[Stored items]
=====
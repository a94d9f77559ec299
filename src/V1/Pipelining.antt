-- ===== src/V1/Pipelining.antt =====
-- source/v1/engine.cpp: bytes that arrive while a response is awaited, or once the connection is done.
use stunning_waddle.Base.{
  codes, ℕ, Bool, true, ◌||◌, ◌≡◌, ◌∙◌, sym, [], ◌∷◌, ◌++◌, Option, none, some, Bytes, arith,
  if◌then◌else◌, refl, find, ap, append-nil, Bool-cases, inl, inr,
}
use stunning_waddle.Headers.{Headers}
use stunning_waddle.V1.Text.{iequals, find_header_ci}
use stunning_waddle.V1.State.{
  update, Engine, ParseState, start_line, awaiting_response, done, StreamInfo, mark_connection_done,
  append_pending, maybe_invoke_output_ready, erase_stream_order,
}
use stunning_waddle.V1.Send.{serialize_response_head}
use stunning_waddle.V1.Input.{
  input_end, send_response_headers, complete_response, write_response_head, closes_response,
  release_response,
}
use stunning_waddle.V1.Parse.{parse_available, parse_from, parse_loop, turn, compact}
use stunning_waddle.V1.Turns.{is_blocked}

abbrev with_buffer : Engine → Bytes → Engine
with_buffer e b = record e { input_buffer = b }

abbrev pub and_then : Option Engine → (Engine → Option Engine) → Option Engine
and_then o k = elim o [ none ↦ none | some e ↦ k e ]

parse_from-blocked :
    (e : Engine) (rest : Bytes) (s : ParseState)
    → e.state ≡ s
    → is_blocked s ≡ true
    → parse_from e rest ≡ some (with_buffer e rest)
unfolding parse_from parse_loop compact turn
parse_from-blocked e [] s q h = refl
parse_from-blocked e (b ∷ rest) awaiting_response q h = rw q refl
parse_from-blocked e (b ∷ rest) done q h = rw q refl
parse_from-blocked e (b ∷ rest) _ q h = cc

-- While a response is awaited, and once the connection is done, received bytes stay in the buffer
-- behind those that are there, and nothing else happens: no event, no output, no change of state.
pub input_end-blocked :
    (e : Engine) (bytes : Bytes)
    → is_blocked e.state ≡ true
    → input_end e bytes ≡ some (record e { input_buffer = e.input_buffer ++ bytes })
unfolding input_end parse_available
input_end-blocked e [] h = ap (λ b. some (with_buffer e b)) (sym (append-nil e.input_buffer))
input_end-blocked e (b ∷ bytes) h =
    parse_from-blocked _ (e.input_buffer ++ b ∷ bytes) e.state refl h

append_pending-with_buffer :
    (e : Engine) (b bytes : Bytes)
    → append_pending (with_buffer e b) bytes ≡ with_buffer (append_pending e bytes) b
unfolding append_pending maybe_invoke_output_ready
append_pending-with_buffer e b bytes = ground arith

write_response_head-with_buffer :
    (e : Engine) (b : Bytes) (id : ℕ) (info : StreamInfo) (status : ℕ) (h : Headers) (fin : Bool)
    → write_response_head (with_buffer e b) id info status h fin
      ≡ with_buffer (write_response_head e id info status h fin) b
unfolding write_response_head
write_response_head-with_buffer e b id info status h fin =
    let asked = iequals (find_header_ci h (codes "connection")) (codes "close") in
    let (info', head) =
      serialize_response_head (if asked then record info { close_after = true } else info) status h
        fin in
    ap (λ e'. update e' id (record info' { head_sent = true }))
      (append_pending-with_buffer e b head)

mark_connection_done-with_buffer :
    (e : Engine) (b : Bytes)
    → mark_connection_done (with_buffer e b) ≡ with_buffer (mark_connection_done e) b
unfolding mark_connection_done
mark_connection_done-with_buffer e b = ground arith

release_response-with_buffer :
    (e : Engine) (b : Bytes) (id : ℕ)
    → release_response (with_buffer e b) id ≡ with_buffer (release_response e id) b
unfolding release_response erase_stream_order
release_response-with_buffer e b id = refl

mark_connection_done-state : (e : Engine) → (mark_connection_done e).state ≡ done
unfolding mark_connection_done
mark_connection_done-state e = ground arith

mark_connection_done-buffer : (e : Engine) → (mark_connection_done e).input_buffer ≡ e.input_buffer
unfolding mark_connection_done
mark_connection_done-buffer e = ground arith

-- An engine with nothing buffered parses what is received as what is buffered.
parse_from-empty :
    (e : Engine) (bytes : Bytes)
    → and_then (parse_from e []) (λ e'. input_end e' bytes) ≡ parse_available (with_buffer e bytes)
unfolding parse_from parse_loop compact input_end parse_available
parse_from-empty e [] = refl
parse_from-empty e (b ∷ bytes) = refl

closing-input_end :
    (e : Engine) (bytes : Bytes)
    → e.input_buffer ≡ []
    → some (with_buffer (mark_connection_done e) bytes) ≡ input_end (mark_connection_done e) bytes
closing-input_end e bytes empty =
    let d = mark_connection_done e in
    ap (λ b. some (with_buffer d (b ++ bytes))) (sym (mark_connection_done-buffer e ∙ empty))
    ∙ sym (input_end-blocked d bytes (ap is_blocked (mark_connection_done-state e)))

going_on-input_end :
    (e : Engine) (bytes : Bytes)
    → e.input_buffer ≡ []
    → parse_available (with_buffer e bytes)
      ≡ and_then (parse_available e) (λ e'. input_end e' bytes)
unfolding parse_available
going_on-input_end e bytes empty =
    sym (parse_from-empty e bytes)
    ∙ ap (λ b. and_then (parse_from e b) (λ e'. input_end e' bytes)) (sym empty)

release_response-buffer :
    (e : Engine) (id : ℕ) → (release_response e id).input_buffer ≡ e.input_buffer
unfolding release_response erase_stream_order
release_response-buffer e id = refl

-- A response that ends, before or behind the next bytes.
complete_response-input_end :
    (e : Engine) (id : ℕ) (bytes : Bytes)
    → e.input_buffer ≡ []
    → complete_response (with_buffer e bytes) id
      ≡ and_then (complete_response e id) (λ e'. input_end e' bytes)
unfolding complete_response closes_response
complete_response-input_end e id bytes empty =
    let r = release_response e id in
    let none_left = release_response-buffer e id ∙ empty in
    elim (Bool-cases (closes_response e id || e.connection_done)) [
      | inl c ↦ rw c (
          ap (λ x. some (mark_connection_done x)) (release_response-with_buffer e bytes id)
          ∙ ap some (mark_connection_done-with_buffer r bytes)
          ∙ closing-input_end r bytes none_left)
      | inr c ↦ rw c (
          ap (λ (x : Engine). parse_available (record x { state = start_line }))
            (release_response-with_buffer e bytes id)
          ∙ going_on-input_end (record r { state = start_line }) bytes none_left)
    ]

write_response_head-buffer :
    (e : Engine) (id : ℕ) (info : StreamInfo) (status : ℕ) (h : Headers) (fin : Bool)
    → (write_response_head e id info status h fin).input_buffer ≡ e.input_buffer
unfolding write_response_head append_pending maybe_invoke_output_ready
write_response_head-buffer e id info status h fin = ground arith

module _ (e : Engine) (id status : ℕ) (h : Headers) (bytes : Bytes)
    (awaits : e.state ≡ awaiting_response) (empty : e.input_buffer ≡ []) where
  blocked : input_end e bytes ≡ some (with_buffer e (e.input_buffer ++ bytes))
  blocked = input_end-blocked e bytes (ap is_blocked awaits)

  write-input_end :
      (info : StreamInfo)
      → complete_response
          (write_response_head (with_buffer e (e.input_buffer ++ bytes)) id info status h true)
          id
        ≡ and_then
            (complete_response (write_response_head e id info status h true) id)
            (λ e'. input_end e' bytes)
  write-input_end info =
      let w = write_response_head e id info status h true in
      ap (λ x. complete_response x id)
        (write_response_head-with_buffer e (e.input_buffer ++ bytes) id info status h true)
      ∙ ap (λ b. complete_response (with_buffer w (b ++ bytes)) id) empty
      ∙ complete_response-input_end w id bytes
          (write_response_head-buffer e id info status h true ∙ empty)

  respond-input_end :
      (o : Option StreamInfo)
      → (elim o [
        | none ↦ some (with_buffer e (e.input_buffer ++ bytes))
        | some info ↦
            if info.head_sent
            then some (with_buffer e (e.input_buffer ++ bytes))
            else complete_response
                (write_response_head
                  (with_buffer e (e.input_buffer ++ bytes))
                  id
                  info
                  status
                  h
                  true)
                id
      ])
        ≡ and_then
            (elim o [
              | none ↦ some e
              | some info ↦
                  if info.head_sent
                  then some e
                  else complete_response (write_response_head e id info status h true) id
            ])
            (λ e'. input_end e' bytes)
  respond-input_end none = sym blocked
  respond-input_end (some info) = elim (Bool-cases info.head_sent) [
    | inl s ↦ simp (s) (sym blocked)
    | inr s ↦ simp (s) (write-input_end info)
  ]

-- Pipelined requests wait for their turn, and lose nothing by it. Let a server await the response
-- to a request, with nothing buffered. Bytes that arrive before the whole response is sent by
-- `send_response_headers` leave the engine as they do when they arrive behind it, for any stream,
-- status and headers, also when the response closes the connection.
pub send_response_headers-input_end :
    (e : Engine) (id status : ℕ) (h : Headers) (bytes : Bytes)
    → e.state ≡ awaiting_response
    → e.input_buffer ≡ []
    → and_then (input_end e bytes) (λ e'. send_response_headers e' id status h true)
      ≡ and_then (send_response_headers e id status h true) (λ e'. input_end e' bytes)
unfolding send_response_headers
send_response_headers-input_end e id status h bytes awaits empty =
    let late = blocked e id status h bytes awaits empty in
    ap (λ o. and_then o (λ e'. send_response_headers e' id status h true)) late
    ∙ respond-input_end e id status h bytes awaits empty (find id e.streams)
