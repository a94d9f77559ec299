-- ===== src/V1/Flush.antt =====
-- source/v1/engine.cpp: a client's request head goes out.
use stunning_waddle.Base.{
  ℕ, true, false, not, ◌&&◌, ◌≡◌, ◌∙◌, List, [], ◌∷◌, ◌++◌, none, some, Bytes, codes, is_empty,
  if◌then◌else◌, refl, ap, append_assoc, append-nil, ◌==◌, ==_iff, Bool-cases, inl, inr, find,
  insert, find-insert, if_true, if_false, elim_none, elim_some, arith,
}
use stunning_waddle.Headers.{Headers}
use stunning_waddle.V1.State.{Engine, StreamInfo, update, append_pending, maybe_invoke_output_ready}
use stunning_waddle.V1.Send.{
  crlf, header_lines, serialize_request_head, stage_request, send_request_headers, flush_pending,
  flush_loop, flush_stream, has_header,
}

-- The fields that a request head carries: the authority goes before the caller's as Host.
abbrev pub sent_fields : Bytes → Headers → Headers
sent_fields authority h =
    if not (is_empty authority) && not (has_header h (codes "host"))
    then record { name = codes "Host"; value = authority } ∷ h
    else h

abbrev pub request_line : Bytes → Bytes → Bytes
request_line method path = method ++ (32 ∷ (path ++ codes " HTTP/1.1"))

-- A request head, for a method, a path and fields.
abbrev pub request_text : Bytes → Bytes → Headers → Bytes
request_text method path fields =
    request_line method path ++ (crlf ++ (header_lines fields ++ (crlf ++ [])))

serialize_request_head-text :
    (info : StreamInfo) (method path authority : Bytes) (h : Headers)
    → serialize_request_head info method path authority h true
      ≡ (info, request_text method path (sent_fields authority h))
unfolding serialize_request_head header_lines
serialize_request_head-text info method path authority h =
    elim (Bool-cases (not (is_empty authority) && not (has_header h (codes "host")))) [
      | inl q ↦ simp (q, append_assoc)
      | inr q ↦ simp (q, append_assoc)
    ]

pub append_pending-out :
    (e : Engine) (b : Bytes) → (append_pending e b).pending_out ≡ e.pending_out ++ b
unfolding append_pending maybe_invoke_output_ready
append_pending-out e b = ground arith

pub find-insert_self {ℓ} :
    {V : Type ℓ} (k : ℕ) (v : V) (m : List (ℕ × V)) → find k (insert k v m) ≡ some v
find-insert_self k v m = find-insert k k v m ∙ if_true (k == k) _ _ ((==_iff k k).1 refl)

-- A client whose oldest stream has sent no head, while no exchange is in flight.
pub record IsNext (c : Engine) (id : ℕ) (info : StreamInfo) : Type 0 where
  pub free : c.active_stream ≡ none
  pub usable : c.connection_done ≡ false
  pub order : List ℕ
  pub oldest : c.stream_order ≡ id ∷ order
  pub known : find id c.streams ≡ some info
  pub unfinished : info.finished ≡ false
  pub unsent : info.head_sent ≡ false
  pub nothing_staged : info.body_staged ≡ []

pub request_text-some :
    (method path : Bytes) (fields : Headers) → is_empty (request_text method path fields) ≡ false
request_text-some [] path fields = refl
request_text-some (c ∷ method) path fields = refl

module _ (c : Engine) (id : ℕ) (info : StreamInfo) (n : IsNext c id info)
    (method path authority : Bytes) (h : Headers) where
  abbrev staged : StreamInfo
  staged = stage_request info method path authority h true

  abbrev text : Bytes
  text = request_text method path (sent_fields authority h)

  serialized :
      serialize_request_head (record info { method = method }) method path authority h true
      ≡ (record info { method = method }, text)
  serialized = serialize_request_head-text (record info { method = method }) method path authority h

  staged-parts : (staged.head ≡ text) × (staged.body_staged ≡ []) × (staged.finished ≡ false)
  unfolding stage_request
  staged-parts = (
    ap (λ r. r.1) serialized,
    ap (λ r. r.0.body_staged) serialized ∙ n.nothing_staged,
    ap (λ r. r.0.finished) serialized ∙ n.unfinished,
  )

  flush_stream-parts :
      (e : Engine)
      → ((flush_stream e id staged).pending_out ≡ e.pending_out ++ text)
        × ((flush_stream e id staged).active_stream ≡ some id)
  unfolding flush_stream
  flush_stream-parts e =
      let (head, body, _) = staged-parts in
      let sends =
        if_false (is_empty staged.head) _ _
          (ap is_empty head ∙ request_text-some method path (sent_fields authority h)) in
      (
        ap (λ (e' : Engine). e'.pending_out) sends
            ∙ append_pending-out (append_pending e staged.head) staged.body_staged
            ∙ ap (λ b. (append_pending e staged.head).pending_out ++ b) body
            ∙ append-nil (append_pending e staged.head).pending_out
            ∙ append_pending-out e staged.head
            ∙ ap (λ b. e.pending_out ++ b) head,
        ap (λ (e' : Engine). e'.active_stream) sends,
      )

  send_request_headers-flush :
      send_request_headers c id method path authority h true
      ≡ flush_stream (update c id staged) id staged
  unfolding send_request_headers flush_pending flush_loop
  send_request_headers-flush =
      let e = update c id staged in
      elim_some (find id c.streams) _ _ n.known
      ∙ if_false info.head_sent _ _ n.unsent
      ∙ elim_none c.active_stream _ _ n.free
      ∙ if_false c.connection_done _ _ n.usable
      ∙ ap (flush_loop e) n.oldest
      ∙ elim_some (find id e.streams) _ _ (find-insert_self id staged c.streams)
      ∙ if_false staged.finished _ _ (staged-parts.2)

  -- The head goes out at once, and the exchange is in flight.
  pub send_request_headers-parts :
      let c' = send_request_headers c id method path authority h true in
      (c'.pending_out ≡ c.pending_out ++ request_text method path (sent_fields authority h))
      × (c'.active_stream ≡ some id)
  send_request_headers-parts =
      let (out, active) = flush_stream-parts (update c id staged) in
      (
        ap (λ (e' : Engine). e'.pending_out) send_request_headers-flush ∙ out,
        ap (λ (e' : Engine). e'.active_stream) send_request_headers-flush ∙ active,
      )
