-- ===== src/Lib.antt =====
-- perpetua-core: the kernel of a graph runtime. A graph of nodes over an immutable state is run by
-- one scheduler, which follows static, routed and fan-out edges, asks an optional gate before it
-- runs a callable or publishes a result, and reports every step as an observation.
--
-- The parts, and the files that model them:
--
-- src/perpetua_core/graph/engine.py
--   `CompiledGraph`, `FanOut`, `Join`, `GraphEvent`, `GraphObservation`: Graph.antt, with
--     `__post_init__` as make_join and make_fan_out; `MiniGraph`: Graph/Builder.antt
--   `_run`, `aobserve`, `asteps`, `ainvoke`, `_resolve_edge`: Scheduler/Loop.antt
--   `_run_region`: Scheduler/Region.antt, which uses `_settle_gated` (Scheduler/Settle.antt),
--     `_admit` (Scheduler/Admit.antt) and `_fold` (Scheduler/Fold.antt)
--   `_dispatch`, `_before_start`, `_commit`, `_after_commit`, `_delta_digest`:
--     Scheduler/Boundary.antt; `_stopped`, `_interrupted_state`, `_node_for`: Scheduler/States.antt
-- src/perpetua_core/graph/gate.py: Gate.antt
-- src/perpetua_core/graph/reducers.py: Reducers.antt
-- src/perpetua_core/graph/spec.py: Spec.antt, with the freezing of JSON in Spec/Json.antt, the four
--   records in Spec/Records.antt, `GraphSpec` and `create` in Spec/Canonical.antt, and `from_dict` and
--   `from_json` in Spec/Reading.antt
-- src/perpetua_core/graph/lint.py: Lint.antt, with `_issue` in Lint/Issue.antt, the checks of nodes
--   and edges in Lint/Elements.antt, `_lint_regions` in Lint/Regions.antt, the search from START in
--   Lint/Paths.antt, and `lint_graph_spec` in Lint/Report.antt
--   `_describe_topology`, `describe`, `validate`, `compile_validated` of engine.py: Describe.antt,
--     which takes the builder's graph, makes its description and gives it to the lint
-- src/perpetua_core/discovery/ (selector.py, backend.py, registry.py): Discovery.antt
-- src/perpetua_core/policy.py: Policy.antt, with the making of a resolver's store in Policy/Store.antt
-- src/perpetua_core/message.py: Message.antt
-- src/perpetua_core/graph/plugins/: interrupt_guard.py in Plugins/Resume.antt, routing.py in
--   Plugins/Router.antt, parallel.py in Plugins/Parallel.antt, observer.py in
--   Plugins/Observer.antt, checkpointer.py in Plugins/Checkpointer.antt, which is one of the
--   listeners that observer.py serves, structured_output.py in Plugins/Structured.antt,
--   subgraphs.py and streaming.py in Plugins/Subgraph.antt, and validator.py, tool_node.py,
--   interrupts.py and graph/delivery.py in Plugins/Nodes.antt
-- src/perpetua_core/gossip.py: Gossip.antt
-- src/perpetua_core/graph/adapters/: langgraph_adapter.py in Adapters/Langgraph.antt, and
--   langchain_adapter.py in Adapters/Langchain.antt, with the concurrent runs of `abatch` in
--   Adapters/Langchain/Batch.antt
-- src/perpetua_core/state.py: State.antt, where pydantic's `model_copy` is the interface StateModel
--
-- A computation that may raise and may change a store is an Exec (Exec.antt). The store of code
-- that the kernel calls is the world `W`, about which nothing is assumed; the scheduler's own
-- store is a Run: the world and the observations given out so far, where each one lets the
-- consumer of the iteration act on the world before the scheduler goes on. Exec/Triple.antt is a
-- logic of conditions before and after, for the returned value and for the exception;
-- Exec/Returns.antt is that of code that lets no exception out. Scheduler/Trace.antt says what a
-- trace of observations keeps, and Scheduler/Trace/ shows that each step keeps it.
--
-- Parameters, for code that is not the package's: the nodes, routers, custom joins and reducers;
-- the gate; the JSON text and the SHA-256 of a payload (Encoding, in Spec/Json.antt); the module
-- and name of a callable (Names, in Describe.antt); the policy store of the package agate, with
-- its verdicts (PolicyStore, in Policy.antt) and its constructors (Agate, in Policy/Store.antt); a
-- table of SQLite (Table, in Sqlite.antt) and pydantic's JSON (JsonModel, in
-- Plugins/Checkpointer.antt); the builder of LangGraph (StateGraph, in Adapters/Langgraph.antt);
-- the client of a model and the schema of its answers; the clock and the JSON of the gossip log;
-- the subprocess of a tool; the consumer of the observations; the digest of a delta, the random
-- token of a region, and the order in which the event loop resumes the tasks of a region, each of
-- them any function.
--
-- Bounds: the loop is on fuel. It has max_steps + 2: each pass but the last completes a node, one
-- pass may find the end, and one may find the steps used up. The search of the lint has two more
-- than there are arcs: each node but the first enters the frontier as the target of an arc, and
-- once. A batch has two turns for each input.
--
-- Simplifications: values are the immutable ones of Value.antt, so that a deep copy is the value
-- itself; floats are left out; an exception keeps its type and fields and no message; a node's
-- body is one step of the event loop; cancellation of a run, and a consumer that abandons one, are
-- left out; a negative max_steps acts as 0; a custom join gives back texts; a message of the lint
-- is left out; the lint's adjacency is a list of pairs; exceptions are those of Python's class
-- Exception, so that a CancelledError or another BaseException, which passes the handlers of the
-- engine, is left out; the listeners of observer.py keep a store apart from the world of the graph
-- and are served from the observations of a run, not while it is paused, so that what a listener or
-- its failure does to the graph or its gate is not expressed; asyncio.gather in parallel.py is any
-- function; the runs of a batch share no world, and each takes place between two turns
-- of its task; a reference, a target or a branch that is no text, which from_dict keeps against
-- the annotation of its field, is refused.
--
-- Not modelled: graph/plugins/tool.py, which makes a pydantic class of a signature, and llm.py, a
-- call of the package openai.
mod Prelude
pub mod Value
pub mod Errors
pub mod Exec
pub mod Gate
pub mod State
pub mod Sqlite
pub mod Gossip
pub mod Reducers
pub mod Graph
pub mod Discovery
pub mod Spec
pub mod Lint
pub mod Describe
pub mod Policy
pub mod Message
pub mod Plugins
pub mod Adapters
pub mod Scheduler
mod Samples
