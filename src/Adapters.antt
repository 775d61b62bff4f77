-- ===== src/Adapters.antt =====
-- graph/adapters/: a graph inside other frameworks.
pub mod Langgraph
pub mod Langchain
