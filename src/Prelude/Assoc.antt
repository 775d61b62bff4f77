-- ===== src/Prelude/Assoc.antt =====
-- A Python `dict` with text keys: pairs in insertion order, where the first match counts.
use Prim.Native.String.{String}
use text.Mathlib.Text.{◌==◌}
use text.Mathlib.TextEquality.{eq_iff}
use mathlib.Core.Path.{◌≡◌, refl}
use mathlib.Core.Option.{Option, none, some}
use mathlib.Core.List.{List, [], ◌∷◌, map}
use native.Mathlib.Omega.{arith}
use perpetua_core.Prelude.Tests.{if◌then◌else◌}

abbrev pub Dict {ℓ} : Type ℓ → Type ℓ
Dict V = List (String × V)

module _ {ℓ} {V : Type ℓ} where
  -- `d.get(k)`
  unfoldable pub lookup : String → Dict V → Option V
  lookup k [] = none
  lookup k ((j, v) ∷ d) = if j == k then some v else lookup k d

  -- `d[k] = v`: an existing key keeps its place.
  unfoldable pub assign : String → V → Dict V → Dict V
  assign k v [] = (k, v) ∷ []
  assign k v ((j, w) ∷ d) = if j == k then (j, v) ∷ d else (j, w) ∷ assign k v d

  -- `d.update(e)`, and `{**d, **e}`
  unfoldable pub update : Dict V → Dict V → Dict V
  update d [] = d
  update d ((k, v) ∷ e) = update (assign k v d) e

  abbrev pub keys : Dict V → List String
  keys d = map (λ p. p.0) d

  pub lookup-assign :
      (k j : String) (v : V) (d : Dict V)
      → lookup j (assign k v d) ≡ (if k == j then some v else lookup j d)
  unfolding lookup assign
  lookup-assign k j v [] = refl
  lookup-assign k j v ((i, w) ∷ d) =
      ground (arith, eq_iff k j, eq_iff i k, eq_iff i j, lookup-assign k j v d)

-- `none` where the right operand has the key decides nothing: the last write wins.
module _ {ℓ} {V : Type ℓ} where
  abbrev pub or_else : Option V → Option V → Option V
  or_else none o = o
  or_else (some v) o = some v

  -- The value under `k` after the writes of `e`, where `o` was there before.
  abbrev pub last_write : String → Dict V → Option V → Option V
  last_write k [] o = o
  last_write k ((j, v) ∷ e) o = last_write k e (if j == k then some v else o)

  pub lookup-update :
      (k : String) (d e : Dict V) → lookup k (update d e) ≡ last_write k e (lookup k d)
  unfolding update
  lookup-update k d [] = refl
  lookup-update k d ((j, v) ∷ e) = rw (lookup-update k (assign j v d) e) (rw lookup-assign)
=====
Your objective: Taking the entries above, write out exactly each line from the one holding "abbrev pub sent_fields" to the one holding "request_line method path = method", both included, and stop there.

Written answer:
abbrev pub sent_fields : Bytes → Headers → Headers
sent_fields authority h =
    if not (is_empty authority) && not (has_header h (codes "host"))
    then record { name = codes "Host"; value = authority } ∷ h
    else h

abbrev pub request_line : Bytes → Bytes → Bytes
request_line method path = method ++ (32 ∷ (path ++ codes " HTTP/1.1"))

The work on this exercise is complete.